If you have already installed node-inspector:

  1. Open a regular cmd command prompt window
  2. Type “node-inspector” and hit enter.
  3. Switch to the the Node.js cmd prompt, type “node --debug app.js” and hit enter. That puts Node into Debug mode. It opens a port that you can connect the debugger to.
  4. Open Chrome browser and navigate to http://localhost:8080
  5. Allow it to show notifications.
  6. You can put breakpoints on any of the lines, and when you hit them, you’ll get a notification (which is why you enabled them). You can go in there and see the Step Over, Step Into, Step Out Of call stack on the right side.
  7. You can kill your node.js process the normal way, with Ctrl^C. When you do, localhost:8080 will go blank, because it will no longer be connected.
  8. If you start your node.js app up again, you may need to refresh Chrome.

To stop listening and deactivate your bot, go back to the Node.js command prompt and type ^C.

Now, if your Bot is up and running, you can configure it for a communication channel like Slack! Configuring channels is a combination of Microsoft Bot Framework workflow and conversation service workflow, and is unique for each channel you wish to configure.

Check out Microsoft Bot Framework Part 3 for info on how to build more conversational dialog options into your bot, and configure new channels with communication services such as Slack and SMS!

Comments (5)

  1. Yanis says:


    Thanks for the detailed tutorial.

    I have an issue. I kinda followed the tutorial except that I used the v3.

    When I test the connection to my bot on, I get an “Accepted”. Yet, when using the webchat, it does not work.

    I really reused the code that was given (see below) except for the index.html part.

    I published the webapp directly from my github repo. The webchat appears but the bot does not work.
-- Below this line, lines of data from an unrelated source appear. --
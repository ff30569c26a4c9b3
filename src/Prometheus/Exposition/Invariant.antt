-- ===== src/Prometheus/Exposition/Invariant.antt =====
-- What a handler keeps, an exposition keeps (internal/prometheus/prometheus.go).
use mathlib.Core.Path.{subst}
use statlite.Result.{Result, ok, err}
use statlite.Float.{Float64}
use statlite.Bytes.{Bytes, ascii, bytes_eq, has_prefix, trim_space, is_nil}
use statlite.Prometheus.{Limits, validate_limits, Format, Sample, LineError}
use statlite.Prometheus.Samples.{FloatText, parse_sample}
use statlite.Prometheus.Exposition.{
  Body, ScanError, scan_lines, buffer_size, Parsed, accept_sample, handled, parse_line, parse_lines,
  ended, parse,
}
use statlite.Prelude.{
  ◌+◌, ◌≡◌, refl, sym, inl, inr, false, Option, none, some, List, [], ◌∷◌, arith, ltb, Bool-cases,
  is_some,
}

-- The state of a result is kept, too.
abbrev pub IsKeptBy : {S E : Type 0} → (S → Type 0) → Result E S → Type 0
IsKeptBy P (ok s) = P s
IsKeptBy P (err e) = Unit

module _ {F S E : Type 0} ⦃fl : Float64 F⦄ ⦃ft : FloatText F⦄ (handler : S → Sample F → Result E S)
    (P : S → Type 0)
    (keeps : (s : S) (sample : Sample F) → P s → IsKeptBy P (handler s sample)) where
  handled-keeps :
      (p : Parsed S E) (r : Result E S) → P p.state → IsKeptBy P r → P (handled p r).state
  handled-keeps p (ok s) h k = k
  handled-keeps p (err e) h k = h

  accept_sample-keeps :
      (limits : Limits) (p : Parsed S E) (r : Result LineError (Sample F))
      → P p.state
      → P (accept_sample handler limits p r).state
  accept_sample-keeps limits p (err e) h = h
  accept_sample-keeps limits p (ok sample) h =
      elim (Bool-cases (ltb limits.max_samples (p.samples + 1))) [
        | inl e ↦ rw e h
        | inr e ↦ rw e (
            handled-keeps (record p { samples = p.samples + 1 }) (handler p.state sample) h
              (keeps p.state sample h))
      ]

  parse_line-keeps :
      (format : Format) (limits : Limits) (p : Parsed S E) (text : Bytes)
      → P p.state
      → P (parse_line handler format limits p text).state
  unfolding parse_line
  parse_line-keeps format limits p text h =
      let line = trim_space text in
      elim (Bool-cases (is_nil line)) [
        | inl e ↦ rw e h
        | inr e ↦ elim (Bool-cases p.saw_eof) [
          | inl f ↦ simp (e, f) h
          | inr f ↦ elim (Bool-cases (bytes_eq line (ascii "# EOF"))) [
            | inl g ↦ simp (e, f, g) h
            | inr g ↦ elim (Bool-cases (has_prefix line (ascii "#"))) [
              | inl k ↦ simp (e, f, g, k) h
              | inr k ↦
                  simp (e, f, g, k)
                    (accept_sample-keeps limits p (parse_sample F line format limits) h)
            ]
          ]
        ]
      ]

  parse_lines-keeps :
      (format : Format) (limits : Limits) (p : Parsed S E) (lines : List Bytes)
      → P p.state
      → P (parse_lines handler format limits p lines).state
  unfolding parse_lines
  parse_lines-keeps format limits p [] h = h
  parse_lines-keeps format limits p (line ∷ lines) h =
      let next = parse_line handler format limits p line in
      let k = parse_line-keeps format limits p line h in
      elim (Bool-cases (is_some next.error)) [
        | inl e ↦ simp e k
        | inr e ↦ simp e (parse_lines-keeps format limits next lines k)
      ]

  ended-state :
      (format : Format) (bytes : Bytes) (p : Parsed S E) (e : Option ScanError)
      → (ended format bytes p e).state ≡ p.state
  ended-state format bytes p none = ground arith
  ended-state format bytes p (some e) = refl

  -- An invariant of the handler holds of the state that a parse leaves, also after an error.
  pub parse-keeps :
      (state : S) (body : Body) (format : Format) (limits : Limits)
      → P state
      → P (parse handler state body format limits).state
  unfolding parse
  parse-keeps state body format limits h =
      let size = buffer_size limits in
      let scan = scan_lines size size body.error [] body.bytes in
      let initial : Parsed S E = record {
        samples = 0;
        saw_eof = false;
        state = state;
        error = none;
      } in
      let all = parse_lines handler format limits initial scan.lines in
      let k = parse_lines-keeps format limits initial scan.lines h in
      elim (Bool-cases (validate_limits limits)) [
        | inr e ↦ simp e h
        | inl e ↦ elim (Bool-cases (is_some all.error)) [
          | inl f ↦ simp (e, f) k
          | inr f ↦ simp (e, f) (subst P (sym (ended-state format body.bytes all scan.error)) k)
        ]
      ]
    What could I have done wrong ?

    Best regards and thank you in advance for any help,


    var restify = require(‘restify’);
    var builder = require(‘botbuilder’);

    // Bot Setup

    // Setup Restify Server
    var server = restify.createServer();
    server.listen(process.env.port || process.env.PORT || 3978, function () {
    console.log(‘%s listening to %s’,, server.url);

    // Create chat bot
    var connector = new builder.ChatConnector({
    var bot = new builder.UniversalBot(connector);‘/api/messages’, connector.listen());

    server.get(‘/’, restify.serveStatic({
    directory: __dirname,
    default: ‘/index.html’

    // Bots Dialogs

    bot.dialog(‘/’, function (session) {
    session.send(“Hello World”);

  2. Extremus669 says:

    Great tutorial – thanks Sarah! A minor correction regarding deployment to Azure. After signing into the Azure Portal, you need to open up your bot’s app service, then select the “Deployment options” (under App Deployment) blade. Then you can follow the rest of the prompts to link your source repository. Cheers.

  3. tom t says:

    nice job with this! several other tutorials were missing key steps, but yours really works! 🙂

  4. James G says:

    This article mostly worked for me. I didn’t realise you had to generate a secret from the Bot Framework Web Chat Channel to embed in the iFrame URL. Also the code in the GIFs contains deprecated items. Use the code in the previous article and amend that. Also when using the process.env stuff in VCode to hide your ID and Secret, and using the emulator, it will only work if you run app.js through the debugger rather than the node.js cmd window!

  5. Arbri says:

    Hi Sarah,

    how do you build the “YOUR_SECRET_HERE” field from the two Secret Keys generated from MS site?
    I receive this msg where I run the html file with the frame inside: “You do not have permission to view this directory or page.”